Sergio Guzmán, the director of Colombia Risk Analysis, a consulting firm, said Mr. Petro’s presidential aspirations became viable after most fighters from the FARC, a Marxist guerrilla group, laid down their weapons as part of a peace deal struck in 2016. The conflict long dominated Colombian politics, but no more.
“The issue now is the frustration, the class system, the stratification, the haves and have-nots,” he said.
Just before Christmas, Sonia Sierra, 50, stood outside the small coffee shop she runs in Bogotá’s main urban park. Her earnings had plummeted, she said, first amid the pandemic, and then when a community displaced by violence moved into the park.
Ms. Sierra said she was deep in debt after her husband was hospitalized with Covid. Finances are so tight, she recently let go her only employee, a young woman from Venezuela who earned just $7.50 a day.
“So much work and nothing to show for it,” Ms. Sierra she said, singing a verse from a song popular at Christmastime in Colombia. “I’m not crying, but yes, it hurts.”
In neighboring Brazil, rising poverty, inflation and a bungled response to the pandemic have made President Jair Bolsonaro, the far-right incumbent, an underdog in the vote set for October.
Former President Luiz Inácio Lula da Silva, a leftist firebrand who governed Brazil from 2003 to 2010, an era of remarkable prosperity, has built a 30 percentage point advantage over Mr. Bolsonaro in a head-to-head matchup, according to a recent poll.

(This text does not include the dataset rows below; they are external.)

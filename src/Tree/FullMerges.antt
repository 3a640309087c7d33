-- ===== src/Tree/FullMerges.antt =====
-- `put` when it fills the buffer and the flush makes level 1 full.
use cs.Prelude.{
  ℕ, ◌+◌, ◌≡◌, ◌⊎◌, inl, inr, ◌<◌, sym, ◌∙◌, List, [], ◌∷◌, ◌++◌, some, true, false, ◌==◌, arith,
  length, is_empty, leb, if◌then◌else◌,
}
use cs.Result.{ok}
use cs.Pair.{KeyValuePair, Fits, lookup}
use cs.Double.{Doubles}
use cs.Bloom.{optimal_bits}
use cs.SkipList
use cs.SkipList.{SkipList, is_full}
use cs.SkipList.Contents.{is_empty-contents}
use cs.SkipList.Insert.{insert-IsInsertion}
use cs.Compaction.Sorting.{IsSort}
use cs.Run.{data_filename}
use cs.Run.Create.{IsAllowed}
use cs.Level.{Level, is_due, tiering, tiering_threshold}
use cs.Tree.{LsmTree, calculate_fpr_for_level, get_target_level_for_size}
use cs.Tree.Access.{put}
use cs.Tree.Holds.{TreeHolds, newest}
use cs.Tree.Names.{LevelsNamed}
use cs.Tree.Full.{is_empty-lookup}
use cs.Tree.Merge.{merged}
use cs.Tree.FlushKeeps.{MergesInPlace, flush_buffer-Preserved}
use cs.Tree.Preserved.{Preserved, Varies, Preserved-trans}

module _ (d : Doubles) (sort : List KeyValuePair → List KeyValuePair) (t : LsmTree)
    (top first second : Level) (deeper : List Level) (pss tss : List (List KeyValuePair))
    (rest : List (List (List KeyValuePair))) (key value draw : ℕ) where
  abbrev inserted : SkipList
  inserted = SkipList.insert t.buffer key value draw

  with_buffer :
      (pss' : List (List KeyValuePair))
      → MergesInPlace d sort t second pss'
      → MergesInPlace d sort (record t { buffer = inserted; locked = true }) second pss'
  unfolding get_target_level_for_size
  with_buffer pss' x = record {
    due = x.due;
    levels = x.levels;
    left = x.left;
    small = x.small;
    bits = x.bits;
    allowed = x.allowed;
  }

  with_room :
      (pss' : List (List KeyValuePair))
      → (is_due second.strategy (length second.runs + 1) ≡ false)
        ⊎ MergesInPlace d sort t second pss'
      → (is_due second.strategy (length second.runs + 1) ≡ false)
        ⊎ MergesInPlace d sort (record t { buffer = inserted; locked = true }) second pss'
  with_room pss' (inl calm) = inl calm
  with_room pss' (inr x) = inr (with_buffer pss' x)

  -- A `put` that fills the buffer, where the flush makes level 1 full: under the conditions under which
  -- such a flush keeps the newest values, it succeeds, leaves a well-formed tree with an empty buffer and
  -- an empty level 1, and its key has the new value and every other key the one that it had (or none
  -- where it had none), but for keys whose newest value after the insertion is the deletion mark and keys that
  -- the runs that are merged, of level 1 or of a level 2 that is due, hold with several values.
  pub put-Preserved :
      IsSort sort
      → t.compaction_enabled ≡ true
      → first.strategy ≡ tiering
      → leb tiering_threshold (length first.runs + 1) ≡ true
      → TreeHolds (record t { levels = top ∷ first ∷ second ∷ deeper }) ([] ∷ pss ∷ tss ∷ rest)
      → LevelsNamed 0 (top ∷ first ∷ second ∷ deeper)
      → is_full t.buffer_size_bytes (SkipList.insert t.buffer key value draw) ≡ true
      → Fits (SkipList.get_all_sorted (SkipList.insert t.buffer key value draw))
      → 0
        < optimal_bits d
            (length (SkipList.get_all_sorted (SkipList.insert t.buffer key value draw)))
            (calculate_fpr_for_level d t.max_level 1)
      → IsAllowed t.store (data_filename 1 (length first.runs))
      → is_empty (
          merged sort
            (pss ++ SkipList.get_all_sorted (SkipList.insert t.buffer key value draw) ∷ []))
        ≡ false
      → 0
        < optimal_bits d
            (length (
              merged sort
                (pss ++ SkipList.get_all_sorted (SkipList.insert t.buffer key value draw) ∷ [])))
            (calculate_fpr_for_level d t.max_level 2)
      → IsAllowed t.store (data_filename 2 (length second.runs))
      → (2 == t.max_level) ≡ false
      → (is_due second.strategy (length second.runs + 1) ≡ false)
        ⊎ MergesInPlace d sort t second (
            tss
            ++ merged sort
                (pss ++ SkipList.get_all_sorted (SkipList.insert t.buffer key value draw) ∷ [])
              ∷ [])
      → (t' : LsmTree) × (runs : List (List KeyValuePair)) × (put d sort key value draw
            (record t { levels = top ∷ first ∷ second ∷ deeper })
          ≡ (ok tt, t'))
        × TreeHolds t' ([] ∷ [] ∷ runs ∷ rest)
        × LevelsNamed 0 t'.levels
        × (SkipList.get_all_sorted t'.buffer ≡ [])
        × ((k : ℕ)
            → Preserved
                (Varies second sort k
                  (pss ++ SkipList.get_all_sorted (SkipList.insert t.buffer key value draw) ∷ [])
                  tss)
                (if key == k
                  then some value
                  else newest k (SkipList.get_all_sorted t.buffer) ([] ∷ pss ∷ tss ∷ rest))
                (newest k (SkipList.get_all_sorted t'.buffer) ([] ∷ [] ∷ runs ∷ rest)))
  unfolding put newest
  put-Preserved std on tiers enough h named full fits bits allowed left bits' allowed' inner room =
      let x = insert-IsInsertion t.buffer key value draw h.buffered in
      let hit : lookup key (SkipList.get_all_sorted inserted) ≡ some value =
        ground (arith, x.reads key) in
      let some_pairs : (inserted.num_elements == 0) ≡ false =
        sym (is_empty-contents inserted x.valid)
        ∙ is_empty-lookup key value (SkipList.get_all_sorted inserted) hit in
      let (t', runs, e, h', named', drained, f) =
        flush_buffer-Preserved d sort (record t { buffer = inserted; locked = true }) top first
          second deeper pss tss rest std on tiers enough
          (record { buffered = x.valid; on_disk = h.on_disk }) named some_pairs fits bits allowed
          left bits' allowed' inner
          (with_room (tss ++ merged sort (pss ++ SkipList.get_all_sorted inserted ∷ []) ∷ [])
            room) in
      (
        record t' { write_count = t'.write_count + 1; locked = false },
        runs,
        rw (full, e),
        record { buffered = h'.buffered; on_disk = h'.on_disk },
        named',
        drained,
        λ k.
            let written : newest k (SkipList.get_all_sorted inserted) ([] ∷ pss ∷ tss ∷ rest) ≡ (
                if key == k
                then some value
                else newest k (SkipList.get_all_sorted t.buffer) ([] ∷ pss ∷ tss ∷ rest)) =
              ground (arith, x.reads k) in
            Preserved-trans _ (newest k (SkipList.get_all_sorted inserted) ([] ∷ pss ∷ tss ∷ rest))
              _ (inr (inl written)) (f k),
      )
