-- ===== src/Tree/Sinks.antt =====
-- `perform_compaction` on a level of one of the leveling strategies, where the merged pairs are too many
-- for it: they go to a deeper level.
use cs.Prelude.{
  ℕ, suc, ◌+◌, ◌*◌, ◌≡◌, ◌<◌, refl, ap, ◌∙◌, List, [], ◌∷◌, ◌++◌, some, none, true, false, arith,
  length, length-append, ltb, is_empty, ◌==◌, get_elem?, lt→ltb,
}
use cs.Result.{ok}
use cs.Pair.{KeyValuePair}
use cs.Double.{Doubles}
use cs.Bloom.{optimal_bits}
use cs.SkipList
use cs.Compaction.Sorting.{IsSort}
use cs.Run.{Run, data_filename, pair_size}
use cs.Run.Create.{IsAllowed}
use cs.Level
use cs.Level.{Level, is_due}
use cs.Tree.{LsmTree, TreeAction, calculate_fpr_for_level, get_target_level_for_size}
use cs.Tree.Compact.{
  compact_if_due, move_down, extend_if_used, compact_leveling, perform_compaction,
}
use cs.Tree.Holds.{TreeHolds, newest, newest_of_levels}
use cs.Tree.Names.{LevelsNamed}
use cs.Tree.Merge.{merged, lookup-merged, merged_nonempty}
use cs.Tree.Splits.{LevelsHold-split}
use cs.Tree.Moves.{cleared, moved, target_there}
use cs.Tree.Moved.{move_down-Holds}
use cs.Tree.Leveling.{IsLeveling, leveling_lem}
use cs.Tree.Preserved.{Merges, newest-moved}

module _ (d : Doubles) (sort : List KeyValuePair → List KeyValuePair) (fuel : ℕ) (t : LsmTree)
    (above : List Level) (l : Level) (mid : List Level) (m : Level) (deeper : List Level)
    (apsss : List (List (List KeyValuePair))) (pss : List (List KeyValuePair))
    (mids : List (List (List KeyValuePair))) (tss : List (List KeyValuePair))
    (rest : List (List (List KeyValuePair))) where
  abbrev before : LsmTree
  before = record t { levels = above ++ l ∷ (mid ++ m ∷ deeper) }

  abbrev next : ℕ → TreeAction (Unit {0})
  next = perform_compaction d sort fuel

  abbrev a : ℕ
  a = length above

  abbrev b : ℕ
  b = length above + suc (length mid)

  sinks_lem :
      (ps : List KeyValuePair) (after : LsmTree)
      → is_empty ps ≡ false
      → get_target_level_for_size d before (length ps * pair_size) ≡ b
      → (a == after.max_level) ≡ false
      → move_down d sort next ps a b (length m.runs) before ≡ (ok tt, after)
      → compact_leveling d sort next ps a before ≡ (ok tt, after)
  unfolding compact_leveling extend_if_used Level.run_count
  sinks_lem ps after left target inner moves =
      let deep : ltb a b ≡ true = lt→ltb a b (omega arith) in
      rw (left, target, deep, target_there d sort next t above l mid m deeper l m, moves, inner)

  settled_lem :
      (r : Run) (after : LsmTree)
      → after.levels ≡ above ++ cleared l ∷ (mid ++ Level.add_run m r ∷ deeper)
      → is_due m.strategy (length m.runs + 1) ≡ false
      → compact_if_due d sort next b after ≡ (ok tt, after)
  unfolding Level.needs_compaction Level.add_run
  settled_lem r after e calm =
      let there : get_elem? after.levels b ≡ some (Level.add_run m r) =
        ap (λ ls. get_elem? ls b) e
        ∙ target_there d sort next t above l mid m deeper (cleared l) (Level.add_run m r) in
      let longer : length (m.runs ++ r ∷ []) ≡ length m.runs + 1 =
        omega (arith, length-append m.runs (r ∷ [])) in
      rw (there, longer, calm)

  -- A compaction of a leveling or lazy leveling level, not max_level, whose merged pairs are too many
  -- for it and go to a deeper level that is not due after it: for a sort that meets the contract of `std::sort` and on
  -- a well-formed tree whose runs are named after their places, where the levels in between hold no key, some
  -- pair is left after the merge, the filter of the new run has bits and its files may be
  -- created, it succeeds, empties the level, puts the merged pairs behind the runs of the deeper
  -- level and keeps the tree well formed; every key has its newest value, but a key that the
  -- merged runs hold with several values may have another one of these, and a key whose value of the level
  -- marks a deletion has what the deeper levels hold for it.
  pub perform_compaction-sink :
      length apsss ≡ length above
      → length mids ≡ length mid
      → IsSort sort
      → t.compaction_enabled ≡ true
      → IsLeveling l.strategy
      → TreeHolds
          (record t { levels = above ++ l ∷ (mid ++ m ∷ deeper) })
          (apsss ++ pss ∷ (mids ++ tss ∷ rest))
      → LevelsNamed 0 (above ++ l ∷ (mid ++ m ∷ deeper))
      → ((k : ℕ) → newest_of_levels k mids ≡ none)
      → is_empty (merged sort pss) ≡ false
      → get_target_level_for_size d
          (record t { levels = above ++ l ∷ (mid ++ m ∷ deeper) })
          (length (merged sort pss) * pair_size)
        ≡ length above + suc (length mid)
      → 0
        < optimal_bits d
            (length (merged sort pss))
            (calculate_fpr_for_level d t.max_level (length above + suc (length mid)))
      → IsAllowed t.store (data_filename (length above + suc (length mid)) (length m.runs))
      → is_due m.strategy (length m.runs + 1) ≡ false
      → (length above == t.max_level) ≡ false
      → (t' : LsmTree) × (perform_compaction d sort
            (suc fuel)
            (length above)
            (record t { levels = above ++ l ∷ (mid ++ m ∷ deeper) })
          ≡ (ok tt, t'))
        × TreeHolds t' (apsss ++ [] ∷ (mids ++ (tss ++ merged sort pss ∷ []) ∷ rest))
        × LevelsNamed 0 t'.levels
        × (t'.buffer ≡ t.buffer)
        × ((k : ℕ)
            → Merges k (SkipList.get_all_sorted t.buffer) apsss pss (mids ++ tss ∷ rest) (
                newest k
                  (SkipList.get_all_sorted t'.buffer)
                  (apsss ++ [] ∷ (mids ++ (tss ++ merged sort pss ∷ []) ∷ rest))))
  unfolding moved
  perform_compaction-sink e e' std on levels h named free left target bits allowed calm inner =
      let below = l ∷ (mid ++ m ∷ deeper) in
      let (h₀, h₁) =
        LevelsHold-split t.store above below apsss (pss ∷ (mids ++ tss ∷ rest)) e h.on_disk in
      let (fits, ascends, finds) = lookup-merged sort t.store l.runs pss std h₁.0 in
      let some_pairs = merged_nonempty sort t.store l.runs pss std h₁.0 left in
      let (r, s, moves, h', named', rights) =
        move_down-Holds d sort next t above l mid m deeper apsss pss mids tss rest (merged sort pss)
          e e' h.on_disk named left fits ascends bits allowed in
      let after : LsmTree = moved d sort next t above l mid m deeper r s in
      (
        after,
        leveling_lem d sort fuel t above l (mid ++ m ∷ deeper) apsss pss (mids ++ tss ∷ rest) on
              levels h₁.0 some_pairs
            ∙ sinks_lem (merged sort pss) after left target inner
                (moves ∙ settled_lem r after refl calm),
        record { buffered = h.buffered; on_disk = h' },
        named',
        refl,
        λ k.
            newest-moved k (SkipList.get_all_sorted t.buffer) apsss pss mids tss rest
              (merged sort pss) (finds k) (free k),
      )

Maurício Pimenta da Silva, 31, an assistant manager at a farming supplies store in the São Lourenço region of Rio de Janeiro state, said that he regretted voting for Mr. Bolsonaro in 2018, and that he intended to support Mr. da Silva.
“I thought Bolsonaro would improve our life in some aspects, but he didn’t,” said Mr. Pimenta, a father of four who is no relation to the former president. “Everything is so expensive in the supermarkets, especially meat,” he added, prompting him to take a second job.
With voters facing so much upheaval, moderate candidates are gaining little traction, lamented Simone Tebet, a center-right senator in Brazil who plans to run for president.
“If you look at Brazil and Latin America, we are living in a relatively frightening cycle of extremes,” she said. “Radicalism and populism have taken over.”
Ernesto Londoño and Flávia Milhorance reported from Rio de Janeiro. Julie Turkewitz reported from Bogotá.